→ **Work required**
Each line of the data below that carries the word "arith" needs to be copied.

Dataset entries:
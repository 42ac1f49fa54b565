-- ===== src/Rest/Netrid/Quiet.antt =====
-- The processing of a Network Remote ID message leaves a measure of the history as it is, if it gives
-- pushes and the announcements of these messages no weight: server/src/rest/api/netrid.rs.
use svc_telemetry.Base.{ℕ, ◌≡◌, refl, arith, Option, none, some}
use svc_telemetry.World.{Bytes, Event, publish}
use svc_telemetry.World.Tally.{quiet_rules, tally, IsQuiet, bind-IsQuiet, lift-IsQuiet}
use svc_telemetry.Amqp.{
  exchange_name_telemetry, routing_key_netrid_position, routing_key_netrid_velocity,
  routing_key_netrid_id,
}
use svc_telemetry.Cache.Pool.Quiet.{IsIdle, push-IsQuiet}
use svc_telemetry.Msg.Netrid.{BasicMessage, LocationMessage}
use svc_telemetry.Msg.Netrid.Fields.{MessageType}
use svc_telemetry.Msg.Netrid.Clock.{Chrono}
use svc_telemetry.Rest.Gis.{AircraftId, AircraftPosition, AircraftVelocity}
use svc_telemetry.Rest.Service.{Service}
use svc_telemetry.Rest.Netrid.{
  Unpack, now, send_id, send_location, publish_json, process_basic_message,
  process_location_message, process_message,
}

-- The announcements of Network Remote ID messages have no weight.
pub record IsUnheard (weigh : Event → ℕ) : Type 0 where
  pub id : (msg : Bytes) → weigh (publish exchange_name_telemetry routing_key_netrid_id msg) ≡ 0
  pub position :
      (msg : Bytes) → weigh (publish exchange_name_telemetry routing_key_netrid_position msg) ≡ 0
  pub velocity :
      (msg : Bytes) → weigh (publish exchange_name_telemetry routing_key_netrid_velocity msg) ≡ 0

module _ (c : Chrono) (sv : Service c) (weigh : Event → ℕ) (idle : IsIdle sv.backends weigh)
    (unheard : IsUnheard weigh) where
  publish_json-IsQuiet :
      (key : Bytes) (msg : Option Bytes)
      → ((m : Bytes) → weigh (publish exchange_name_telemetry key m) ≡ 0)
      → IsQuiet weigh (publish_json c sv key msg)
  unfolding IsQuiet publish_json tally
  publish_json-IsQuiet key none z h = refl
  publish_json-IsQuiet key (some msg) z h = rw (z msg) (omega arith)

  send_id-IsQuiet : (item : AircraftId c.DateTime) → IsQuiet weigh (send_id c sv item)
  unfolding send_id
  send_id-IsQuiet item =
      search (quiet_rules, push-IsQuiet sv.backends weigh idle, publish_json-IsQuiet, unheard.id)

  send_location-IsQuiet :
      (x : AircraftPosition c.DateTime) (v : AircraftVelocity c.DateTime)
      → IsQuiet weigh (send_location c sv x v)
  unfolding send_location
  send_location-IsQuiet x v = search (
    quiet_rules,
    push-IsQuiet sv.backends weigh idle,
    publish_json-IsQuiet,
    unheard.position,
    unheard.velocity,
  )

  now-IsQuiet : (k : ℕ) → IsQuiet weigh (now c sv k)
  unfolding IsQuiet now
  now-IsQuiet k h = refl

  process_basic_message-IsQuiet :
      (sub : Bytes) (m : BasicMessage) → IsQuiet weigh (process_basic_message c sv sub m)
  unfolding process_basic_message
  process_basic_message-IsQuiet sub m = search (quiet_rules, now-IsQuiet, send_id-IsQuiet)

  process_location_message-IsQuiet :
      (sub : Bytes) (m : LocationMessage) → IsQuiet weigh (process_location_message c sv sub m)
  unfolding process_location_message
  process_location_message-IsQuiet sub m = search (quiet_rules, now-IsQuiet, send_location-IsQuiet)

  pub process_message-IsQuiet :
      (un : Unpack) (t : MessageType) (sub message : Bytes)
      → IsQuiet weigh (process_message c sv un t sub message)
  unfolding process_message
  process_message-IsQuiet un MessageType.basic sub message =
      bind-IsQuiet weigh _ _ (lift-IsQuiet weigh _) λ m. process_basic_message-IsQuiet sub m
  process_message-IsQuiet un MessageType.location sub message =
      bind-IsQuiet weigh _ _ (lift-IsQuiet weigh _) λ m. process_location_message-IsQuiet sub m
  process_message-IsQuiet un _ sub message = lift-IsQuiet weigh _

→ **Result of this exercise**
use svc_telemetry.Base.{ℕ, ◌≡◌, refl, arith, Option, none, some}
  publish_json-IsQuiet key (some msg) z h = rw (z msg) (omega arith)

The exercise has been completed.